Mr Trump will host European executives on Thursday night to argue that the US is a better place for businesses as a result of the tax overhaul and deregulation, his National Economic Council director, Gary Cohn, said.
In his speech on Friday Trump is expected to elaborate on US trade policy . “He wants to shatter the myth that he is only an ‘America First’ president,” said Anthony Scaramucci, the financier who was briefly Mr Trump’s communications director and still informally advises the president. “That’s not the case. He is a globalist. He has a duality to his personality. He’s here to disrupt things, which he does a reasonably good to great job of.”
Bill Winters, chief executive of Standard Chartered, said: “The US appears to be taking a measured approach and I would expect the Chinese to take a measured approach in response.”
“You have to be concerned. But do I think there is going to be a bad outcome? No,” said the American-born boss of StanChart, which is listed in London but earns most of its revenue in Asia, Africa and the Middle East.

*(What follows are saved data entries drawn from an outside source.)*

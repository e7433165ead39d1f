-- ===== src/Crypto.antt =====
-- internal/crypto: the envelope of an encrypted JSON value, and the keys it is encrypted under.
pub mod Roundtrip
use windforce_lite.Prelude.{
  ℕ, zero, suc, ltb, ◌==◌, Bool, true, false, not, Option, none, some, List, [], ◌∷◌, ◌++◌,
  if◌then◌else◌, is_nil, length,
}
use windforce_lite.Prelude.Int.{ℤ, pos}
use windforce_lite.Str.{Str, str}
use windforce_lite.Json.{
  Json, Raw, json, absent, malformed, Fields, no_fields, field, find_field, object, text, number,
  null,
}

-- The parts of the standard library that the package builds on. A byte sequence is a list of numbers
-- as a text is; the keys are those that SHA-256 makes.
pub record Primitives : Type 0 where
  -- base64.StdEncoding
  pub encode : Str → Str
  pub decode : Str → Option Str
  -- cipher.AEAD under the key of a text: the key, the nonce and the text
  pub seal : Str → Str → Str → Str
  pub open_sealed : Str → Str → Str → Option Str
  -- SHA-256 of a text, in base64 without padding
  pub digest : Str → Str
  -- encoding/json
  pub marshal : Json → Str
  pub unmarshal : Str → Option Json

infixl 5 ◌>>=◌
abbrev pub ◌>>=◌ {ℓ κ} : {A : Type ℓ} {B : Type κ} → Option A → (A → Option B) → Option B
none >>= f = none
some a >>= f = f a

-- aead.NonceSize() of AES-GCM
abbrev pub nonce_size : ℕ
nonce_size = 12

-- raw[:n] and raw[n:]
unfoldable pub take : ℕ → Str → Str
take zero s = []
take (suc n) [] = []
take (suc n) (c ∷ s) = c ∷ take n s

unfoldable pub drop : ℕ → Str → Str
drop zero s = s
drop (suc n) [] = []
drop (suc n) (c ∷ s) = drop n s

module _ (p : Primitives) where
  unfoldable pub derive_workspace_key : Str → Str → Str
  derive_workspace_key secret workspace_id = p.digest (secret ++ str ":" ++ workspace_id)

  unfoldable pub derive_kek : Str → Str
  derive_kek secret = p.digest (secret ++ str ":wsdek-kek")

  -- The nonce is what the random source gives, if it does.
  unfoldable pub encrypt : Option Str → Str → Str → Option Str
  encrypt random key plaintext = do
    nonce ← random
    some (p.encode (nonce ++ p.seal key nonce plaintext))

  unfoldable pub decrypt : Str → Str → Option Str
  unfolding take drop
  decrypt key encoded = do
    raw ← p.decode encoded
    if ltb (length raw) nonce_size
        then none
        else p.open_sealed key (take nonce_size raw) (drop nonce_size raw)

  -- The loop over the candidate keys: the first that opens the stored key.
  unfoldable pub unwrap_dek : List Str → Str → Option Str
  unwrap_dek [] stored = none
  unwrap_dek (kek ∷ keks) stored =
      let rest = unwrap_dek keks stored in
      if is_nil kek then rest else (elim (decrypt kek stored) [ none ↦ rest | some dek ↦ some dek ])

  -- Version 0 is a stored key that is the key itself.
  unfoldable pub resolve_dek : Str → ℤ → List Str → Option Str
  resolve_dek stored (pos zero) keks = some stored
  resolve_dek stored version keks = unwrap_dek keks stored

-- "__wf_enc"
abbrev pub enc_marker_key : Str
enc_marker_key = str "__wf_enc"

abbrev pub is_some {ℓ} : {A : Type ℓ} → Option A → Bool
is_some none = false
is_some (some a) = true

-- Whether the value is an object with the marker.
unfoldable pub is_enc : Raw → Bool
is_enc (json (object fs)) = is_some (find_field enc_marker_key fs)
is_enc _ = false

abbrev pub envelope : Str → Json
envelope ct = object (field enc_marker_key (number (pos 1)) (field (str "ct") (text ct) no_fields))

-- json.Unmarshal into encEnvelope: a number or nothing for the version, a text or nothing for the
-- ciphertext. The names of the fields are read exactly.
abbrev pub version_fits : Option Json → Bool
version_fits none = true
version_fits (some null) = true
version_fits (some (number n)) = true
version_fits (some _) = false

abbrev pub text_field : Option Json → Option Str
text_field none = some []
text_field (some null) = some []
text_field (some (text ct)) = some ct
text_field (some _) = none

unfoldable pub envelope_text : Raw → Option Str
envelope_text (json (object fs)) =
    if version_fits (find_field enc_marker_key fs)
    then text_field (find_field (str "ct") fs)
    else none
envelope_text _ = none

abbrev pub raw_text : Primitives → Raw → Str
raw_text p absent = []
raw_text p (json j) = p.marshal j
raw_text p (malformed s) = s

unfoldable pub wrap_enc : Primitives → Option Str → Str → Raw → Option Raw
wrap_enc p random dek plaintext = do
  ct ← encrypt p random dek (raw_text p plaintext)
  some (json (envelope ct))

-- What bytes stand for: nothing, a value, or no JSON.
abbrev pub raw_of : Str → Option Json → Raw
raw_of [] o = absent
raw_of (c ∷ s) none = malformed (c ∷ s)
raw_of (c ∷ s) (some j) = json j

unfoldable pub unwrap_enc : Primitives → Str → Raw → Option Raw
unfolding is_enc envelope_text
unwrap_enc p dek value = if not (is_enc value) then some value else (do
  ct ← envelope_text value
  plain ← decrypt p dek ct
  some (raw_of plain (p.unmarshal plain)))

Ralph Hamers, chief executive of Dutch bank ING, said: “I see a further polarisation of the world economy. I can see some areas that really continue free trade and others that don’t, like the US and frankly the UK, at least until Brexit happens.”
The downbeat comments by the European bankers, who were due to meet Mr Trump at a dinner in Davos on Thursday evening before his speech on Friday, contrasts with the more supportive remarks by US bankers, such as Jamie Dimon at JPMorgan Chase.
“When Americans speak and they talk about fair, they mean reciprocal. That’s not what the Chinese mean by fair,” Mr Dimon told CNBC.
The Trump administration faces deadlines for presidential action in the weeks ahead on national security investigations into imports of aluminium and steel and a wide-ranging probe of China’s intellectual property regime that many in Washington expect to lead to further tariffs and a crackdown on Chinese investment.
“I don’t think it will end up in a trade war because there are no gainers and it goes against progress,” said Francisco Gonzalez, chairman of Spain’s BBVA, which has large operations in Mexico and Turkey as well as Spain. However, he added that the fact the US president came to Davos was “a positive signal”.